Assignment Questions:
Answer the following questions, in a couple sentences each, in the cell provided below
List the key tasks you accomplished during this assignment?
Describe the challenges you faced in addressing these tasks and how you overcame these challenges?
Did you work with other students on this assignment? If yes, how did you help them? How did they help you? Be as specific as possible.
List the key tasks you accomplished during this assignment?
I gathered word frequencies, character frequencies, and character positional frequencies from "The Count of Monte Cristo". I printed the results as formatted tables and also plotted the frequencies as histograms.
Describe the challenges you faced in addressing these tasks and how you overcame these challenges?

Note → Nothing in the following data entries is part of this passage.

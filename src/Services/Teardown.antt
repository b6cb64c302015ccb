-- ===== src/Services/Teardown.antt =====
-- The order of the teardown: the latest registration first, in whatever order the map is visited.
use mathlib.Core.List.{Permᴰ}
use framekit.Base.{
  ℕ, ◌<◌, ◌≡◌, refl, ◌≢◌, ap, sym, subst, ◌∙◌, inl, inr, Bool, true, List, [], ◌∷◌, map, reverse,
  All, if◌then◌else◌, arith,
}
use framekit.Base.Parted.{Parted, map-reverse}
use framekit.Base.Falling.{Ascending}
use framekit.Services.Registered.{numbers, Reach, Reach-IsKept, IsKept}
use framekit.Services.{
  ServiceContext, ServiceContextPhase, ServiceKey, ServiceEntry, ServiceOwnership,
  ServiceTeardownRecord, context_owned, external_owned, teardown, frozen, opened, is_external,
  ordered_entry, teardown_record, owned_entries, external_entries, tear_down, teardown_from,
  begin_teardown,
}
use framekit.Services.Sorting.{Rising, sort-Rising, sorted-Perm, Apart-Ascending, owned-Rising}

module _ {S : Type 0} where
  abbrev IsOwned : ServiceKey × ServiceEntry S → Type 0
  IsOwned (k, entry) = entry.ownership ≡ context_owned

  abbrev IsExternal : ServiceKey × ServiceEntry S → Type 0
  IsExternal (k, entry) = entry.ownership ≡ external_owned

  -- What the teardown notes of a service.
  abbrev pub noted : ServiceKey × ServiceEntry S → ServiceTeardownRecord
  noted (k, entry) = record {
    key = k.key;
    contract_type = k.contract_type;
    ownership = entry.ownership;
  }

  -- The owned and the external services of a map, each in the map's order.
  abbrev pub ByOwnership :
      List (ServiceKey × ServiceEntry S)
      → List (ServiceKey × ServiceEntry S)
      → List (ServiceKey × ServiceEntry S)
      → Type 0
  ByOwnership = Parted IsOwned IsExternal

  abbrev owned_first :
      ServiceOwnership
      → ServiceKey × ServiceEntry S
      → List (ServiceKey × ServiceEntry S)
      → List (ServiceKey × ServiceEntry S)
  owned_first context_owned p l = p ∷ l
  owned_first external_owned p l = l

  abbrev owned_of : List (ServiceKey × ServiceEntry S) → List (ServiceKey × ServiceEntry S)
  owned_of [] = []
  owned_of ((k, entry) ∷ rest) = owned_first entry.ownership (k, entry) (owned_of rest)

  owned_entries_lem :
      (l : List (ServiceKey × ServiceEntry S))
      → owned_entries l ≡ map (λ p. ordered_entry p.0 p.1) (owned_of l)
  unfolding owned_entries
  owned_entries_lem [] = refl
  owned_entries_lem ((k, entry) ∷ rest) = ground (arith, owned_entries_lem rest)

  ByOwnership-cons :
      (k : ServiceKey) (entry : ServiceEntry S) (o : ServiceOwnership)
      (l xs ys : List (ServiceKey × ServiceEntry S))
      → entry.ownership ≡ o
      → ByOwnership l xs ys
      → ByOwnership
          ((k, entry) ∷ l)
          (owned_first o (k, entry) xs)
          (if is_external o then (k, entry) ∷ ys else ys)
  ByOwnership-cons k entry context_owned l xs ys e h = Parted.in_first e h
  ByOwnership-cons k entry external_owned l xs ys e h = Parted.in_second e h

  entries-ByOwnership :
      (l : List (ServiceKey × ServiceEntry S)) → ByOwnership l (owned_of l) (external_entries l)
  unfolding external_entries
  entries-ByOwnership [] = Parted.nothing
  entries-ByOwnership ((k, entry) ∷ rest) =
      ByOwnership-cons k entry entry.ownership rest _ _ refl (entries-ByOwnership rest)

  numbers-mapped :
      (l : List (ServiceKey × ServiceEntry S))
      → Rising (map (λ p. ordered_entry p.0 p.1) l)
      → Ascending (numbers l)
  numbers-mapped [] h = tt
  numbers-mapped ((k, entry) ∷ l) h = (above l entry.sequence h.0, numbers-mapped l h.1)
    where
      above :
          (l : List (ServiceKey × ServiceEntry S)) (n : ℕ)
          → All (λ y. n < y.sequence) (map (λ p. ordered_entry p.0 p.1) l)
          → All (λ m. n < m) (numbers l)
      above [] n h = tt
      above ((k, entry) ∷ l) n h = (h.0, above l n h.1)

  map-noted :
      (l : List (ServiceKey × ServiceEntry S))
      → map teardown_record (map (λ p. ordered_entry p.0 p.1) l) ≡ map noted l
  map-noted [] = refl
  map-noted (p ∷ l) = ap (◌∷◌ (noted p)) (map-noted l)

  reverse-noted :
      (l : List (ServiceKey × ServiceEntry S))
      → map teardown_record (reverse (owned_entries l)) ≡ reverse (map noted (owned_of l))
  reverse-noted l =
      map-reverse teardown_record (owned_entries l)
      ∙ ap (λ m. reverse (map teardown_record m)) (owned_entries_lem l)
      ∙ ap reverse (map-noted (owned_of l))

  abbrev TornDown :
      ServiceContext S → List (ServiceKey × ServiceEntry S) → ServiceContext S × Bool → Type 0
  TornDown c traversal (d, done) =
      (owned : List (ServiceKey × ServiceEntry S)) × (external : List (ServiceKey × ServiceEntry S))
      × (visited : List (ServiceKey × ServiceEntry S)) × ByOwnership c.entries owned external
      × Ascending (numbers owned)
      × (d.last_teardown_order ≡ reverse (map noted owned))
      × ByOwnership traversal visited d.entries
      × (d.phase ≡ teardown)
      × (done ≡ true)

  teardown_from-live :
      (c : ServiceContext S) (traversal : List (ServiceKey × ServiceEntry S))
      (phase : ServiceContextPhase)
      → phase ≢ teardown
      → teardown_from c traversal phase ≡ (tear_down c traversal, true)
  teardown_from-live c traversal opened live = refl
  teardown_from-live c traversal frozen live = refl
  teardown_from-live c traversal teardown live = absurd (live refl)

  Ascending-live :
      (c : ServiceContext S) → c.phase ≢ teardown → IsKept c → Ascending (numbers c.entries)
  Ascending-live c live (inl torn) = absurd (live torn)
  Ascending-live c live (inr h) = h.ascending

  torn-down :
      (c : ServiceContext S) (traversal : List (ServiceKey × ServiceEntry S))
      → Ascending (numbers c.entries)
      → Permᴰ c.entries traversal
      → TornDown c traversal (tear_down c traversal, true)
  unfolding tear_down
  torn-down c traversal up visited =
      let rising = owned-Rising c.entries up in
      (
        owned_of c.entries,
        external_entries c.entries,
        owned_of traversal,
        entries-ByOwnership c.entries,
        numbers-mapped (owned_of c.entries) (subst Rising (owned_entries_lem c.entries) rising),
        ap (map teardown_record)
              (sym (sorted-Perm visited (Apart-Ascending c.entries up)) ∙ sort-Rising _ rising)
            ∙ reverse-noted c.entries,
        entries-ByOwnership traversal,
        refl,
        refl,
      )

  -- Tearing down a context that was made by its operations, with fewer than 2^64 registrations,
  -- records the owned services in the reverse of the order in which they were registered (their
  -- numbers rise along the entries), in whatever order the map is visited. All the external services
  -- are left, in the order of the visit, and nothing else is.
  pub teardown_order :
      (c : ServiceContext S) (traversal : List (ServiceKey × ServiceEntry S))
      → Reach c
      → c.phase ≢ teardown
      → Permᴰ c.entries traversal
      → let (d, done) = begin_teardown c traversal in
        (owned : List (ServiceKey × ServiceEntry S)) × (external : List
          (ServiceKey × ServiceEntry S))
        × (visited : List (ServiceKey × ServiceEntry S)) × ByOwnership c.entries owned external
        × Ascending (numbers owned)
        × (d.last_teardown_order ≡ reverse (map noted owned))
        × ByOwnership traversal visited d.entries
        × (d.phase ≡ teardown)
        × (done ≡ true)
  unfolding begin_teardown
  teardown_order c traversal r live visited =
      subst (TornDown c traversal) (sym (teardown_from-live c traversal c.phase live))
        (torn-down c traversal (Ascending-live c live (Reach-IsKept r)) visited)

I had to look up how to use the "sorted" function to sort a list of tuples. Each character has three positional frequencies (first letter in word, interior to word, and last letter in word). I had to decide how best to present these frequencies as histograms. I decided to plot them as three separate histograms.
Did you work with other students on this assignment? If yes, how did you help them? How did they help you? Be as specific as possibl
I did not work with anyone else on this assignment.